** WHAT YOU HAVE TO DO **
Among the entries below, one stretch runs from the line that contains "unfolding prune_relay_replay_cache" through the line that contains "s.relay_replay_cache))". Repeat that stretch exactly, ends included, and only that.

** MATERIAL TO PROCESS **
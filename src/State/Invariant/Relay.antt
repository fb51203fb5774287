-- ===== src/State/Invariant/Relay.antt =====
-- The operations on relay contexts keep the state well formed.
use rust_http3_gateway.Prelude.{
  remove_all-Distinct, ℕ, ℤ, not, String, List, [], ◌∷◌, Option, none, some, lookup, keys,
  insert-Distinct, is_empty, is_nil, trim, leb, length, older_than, retain, if_both, ◌≡◌, refl, inl,
  inr, ◌⊎◌, Unicode, Option-cases,
}
use rust_http3_gateway.Routes.Types.{RelayAuthorizationSpec, same_context_type}
use rust_http3_gateway.State.Types.{
  GatewayState, RelayOperationContext, RelaySubjectContexts, RelayAuthError, RelayAuthDecision,
  RelayContextSnapshot, relay_replay_cache_max, relay_replay_ttl_seconds, relay_rate_limit_default,
}
use rust_http3_gateway.State.RelayContexts.{
  sanitize_email, carry_over, apply_relay_context_snapshot, store_contexts,
}
use rust_http3_gateway.State.RelayContexts.Laws.{store_contexts-IsOwned}
use rust_http3_gateway.State.RelayContexts.Keys.{store_contexts-IsKeyed}
use rust_http3_gateway.State.RelayLimits.{
  Result, ok, err, prune_relay_replay_cache, ensure_relay_replay_fresh, is_replay, rate_key,
  rate_window, current_counter, ensure_relay_rate_limit,
}
use rust_http3_gateway.State.RelayAuth.{
  RelayRequest, check_context, replay_key, check_nonce, admit, authorize_each, authorize_subject,
  is_too_large, authorize_relay_hotpath,
}
use rust_http3_gateway.State.RelayAuth.Soundness.{check_cases}
use rust_http3_gateway.State.Invariant.{IsWellFormed}

prune_relay_replay_cache-IsWellFormed :
    (s : GatewayState) (now_ts : ℤ)
    → IsWellFormed s
    → IsWellFormed (prune_relay_replay_cache s now_ts)
unfolding prune_relay_replay_cache
prune_relay_replay_cache-IsWellFormed s now_ts (i, b, r, c, o, k, n) =
    if_both IsWellFormed (leb (length s.relay_replay_cache) relay_replay_cache_max)
      (i, b, r, c, o, k, n)
      (
        i,
        b,
        r,
        remove_all-Distinct
            (keys (
              retain (λ e. older_than relay_replay_ttl_seconds now_ts e.1.seen_at)
                s.relay_replay_cache))
            s.relay_replay_cache c,
        o,
        k,
        n,
      )

ensure_relay_replay_fresh-IsWellFormed :
    (s : GatewayState) (key : String) (now_ts : ℤ)
    → IsWellFormed s
    → IsWellFormed (ensure_relay_replay_fresh s key now_ts).0
unfolding ensure_relay_replay_fresh
ensure_relay_replay_fresh-IsWellFormed s key now_ts (i, b, r, c, o, k, n) =
    if_both (λ (x : GatewayState × Result (Unit {0})). IsWellFormed x.0) (is_empty (trim key))
      (i, b, r, c, o, k, n)
      (if_both (λ (x : GatewayState × Result (Unit {0})). IsWellFormed x.0)
        (is_replay (lookup key s.relay_replay_cache) now_ts) (i, b, r, c, o, k, n)
        (prune_relay_replay_cache-IsWellFormed _ now_ts
          (i, b, r, insert-Distinct key _ s.relay_replay_cache c, o, k, n)))

module _ ⦃u : Unicode⦄ where
  ensure_relay_rate_limit-IsWellFormed :
      (s : GatewayState) (sender command context : String) (now_ts : ℤ)
      → IsWellFormed s
      → IsWellFormed (ensure_relay_rate_limit s sender command context now_ts).0
  unfolding ensure_relay_rate_limit
  ensure_relay_rate_limit-IsWellFormed s sender command context now_ts h =
      if_both (λ (x : GatewayState × Result (Unit {0})). IsWellFormed x.0)
        (leb relay_rate_limit_default
          (current_counter
            (lookup (rate_key sender command context (rate_window now_ts)) s.relay_rate_counters)
            (rate_window now_ts)).count)
        h h

  check_nonce-IsWellFormed :
      (s : GatewayState) (request : RelayRequest) (context : RelayOperationContext)
      → IsWellFormed s
      → IsWellFormed (check_nonce s request context).0
  unfolding check_nonce
  check_nonce-IsWellFormed s request context h = elim (Option-cases request.replay_nonce) [
    | inl missing ↦ rw (missing, check_nonce) h
    | inr (replay_nonce, e) ↦
        rw (e, check_nonce)
          (if_both (λ (x : GatewayState × Result (Unit {0})). IsWellFormed x.0)
            (is_empty (trim replay_nonce)) h
            (ensure_relay_replay_fresh-IsWellFormed s
              (replay_key request context (trim replay_nonce)) request.now_ts h))
  ]

  Result-cases :
      {A : Type 0} (r : Result A) → ((a : A) × (r ≡ ok a)) ⊎ ((e : RelayAuthError) × (r ≡ err e))
  Result-cases (ok a) = inl (a, refl)
  Result-cases (err e) = inr (e, refl)

  admit-IsWellFormed :
      (s : GatewayState) (request : RelayRequest) (context : RelayOperationContext)
      → IsWellFormed s
      → IsWellFormed (admit s request context).0
  unfolding admit
  admit-IsWellFormed s request context h =
      let noted = check_nonce-IsWellFormed s request context h in
      let counted =
        ensure_relay_rate_limit-IsWellFormed (check_nonce s request context).0 request.sender
          request.command_name context.context_id request.now_ts noted in
      elim (Result-cases (check_nonce s request context).1) [
        | inr (e, stale) ↦ rw (stale, admit) noted
        | inl (x, fresh) ↦
            elim (Result-cases
              (ensure_relay_rate_limit (check_nonce s request context).0 request.sender
                request.command_name context.context_id request.now_ts).1) [
                  | inr (e, limited) ↦ rw (fresh, limited, admit) counted
                  | inl (y, passed) ↦ rw (fresh, passed, admit) counted
                ]
      ]

  authorize_each-IsWellFormed :
      (s : GatewayState) (request : RelayRequest) (contexts : List RelayOperationContext)
      → IsWellFormed s
      → IsWellFormed (authorize_each s request contexts).0
  unfolding authorize_each
  authorize_each-IsWellFormed s request [] h = h
  authorize_each-IsWellFormed s request (c ∷ rest) h =
      elim (check_cases (check_context request c)) [
        | inl passed ↦ rw (passed, authorize_each) (admit-IsWellFormed s request c h)
        | inr (inl skipped) ↦
            rw (skipped, authorize_each) (authorize_each-IsWellFormed s request rest h)
        | inr (inr (e, refused)) ↦ rw (refused, authorize_each) h
      ]

  authorize_subject-IsWellFormed :
      (s : GatewayState) (request : RelayRequest) (found : Option RelaySubjectContexts)
      → IsWellFormed s
      → IsWellFormed (authorize_subject s request found).0
  unfolding authorize_subject
  authorize_subject-IsWellFormed s request none h = h
  authorize_subject-IsWellFormed s request (some sc) h =
      if_both (λ (x : GatewayState × Result RelayAuthDecision). IsWellFormed x.0)
        (not (same_context_type sc.context_type request.auth_spec.relay_context_type)) h
        (authorize_each-IsWellFormed s request sc.contexts h)

  pub authorize_relay_hotpath-IsWellFormed :
      (s : GatewayState) (sender command : String) (spec : RelayAuthorizationSpec) (key : String)
      (targets : List String) (replay_nonce : Option String) (size : Option ℕ) (now_ts : ℤ)
      → IsWellFormed s
      → IsWellFormed
          (authorize_relay_hotpath s sender command spec key targets replay_nonce size now_ts).0
  unfolding authorize_relay_hotpath
  authorize_relay_hotpath-IsWellFormed s sender command spec key targets replay_nonce size now_ts
        h =
      let Kept = λ (x : GatewayState × Result RelayAuthDecision). IsWellFormed x.0 in
      elim (Option-cases (sanitize_email sender)) [
        | inl missing ↦ rw (missing, authorize_relay_hotpath) h
        | inr (n, named) ↦
            rw (named, authorize_relay_hotpath)
              (if_both Kept (is_empty (trim key)) h (
                if_both Kept (is_nil targets) h (
                  if_both Kept (is_too_large size) h
                    (authorize_subject-IsWellFormed s _ (lookup n s.relay_contexts_by_subject) h))))
      ]

  store_contexts-IsWellFormed :
      (s : GatewayState) (snapshot : RelayContextSnapshot) (subject : String) (now_ts : ℤ)
      → IsWellFormed s
      → IsWellFormed (store_contexts now_ts snapshot subject s)
  unfolding store_contexts
  store_contexts-IsWellFormed s snapshot subject now_ts (i, b, r, c, o, k, n) =
      let owned = store_contexts-IsOwned now_ts snapshot subject s o in
      let keyed = store_contexts-IsKeyed now_ts snapshot subject s k in
      elim (Option-cases
        (carry_over now_ts snapshot (lookup subject s.relay_contexts_by_subject))) [
          | inl outdated ↦ rw (outdated, store_contexts) (i, b, r, c, o, k, n)
          | inr ((version, kept), e) ↦
              rw (e, store_contexts)
                (i, b, r, c, rw (e, store_contexts) at owned, rw (e, store_contexts) at keyed, n)
        ]

  pub apply_relay_context_snapshot-IsWellFormed :
      (s : GatewayState) (snapshot : RelayContextSnapshot) (now_ts : ℤ)
      → IsWellFormed s
      → IsWellFormed (apply_relay_context_snapshot s snapshot now_ts)
  unfolding apply_relay_context_snapshot
  apply_relay_context_snapshot-IsWellFormed s snapshot now_ts h =
      elim (Option-cases (sanitize_email snapshot.subject_email)) [
        | inl missing ↦ rw (missing, apply_relay_context_snapshot) h
        | inr (subject, named) ↦
            rw (named, apply_relay_context_snapshot)
              (store_contexts-IsWellFormed s snapshot subject now_ts h)
      ]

** RESULT OF THE EXERCISE **
unfolding prune_relay_replay_cache
prune_relay_replay_cache-IsWellFormed s now_ts (i, b, r, c, o, k, n) =
    if_both IsWellFormed (leb (length s.relay_replay_cache) relay_replay_cache_max)
      (i, b, r, c, o, k, n)
      (
        i,
        b,
        r,
        remove_all-Distinct
            (keys (
              retain (λ e. older_than relay_replay_ttl_seconds now_ts e.1.seen_at)
                s.relay_replay_cache))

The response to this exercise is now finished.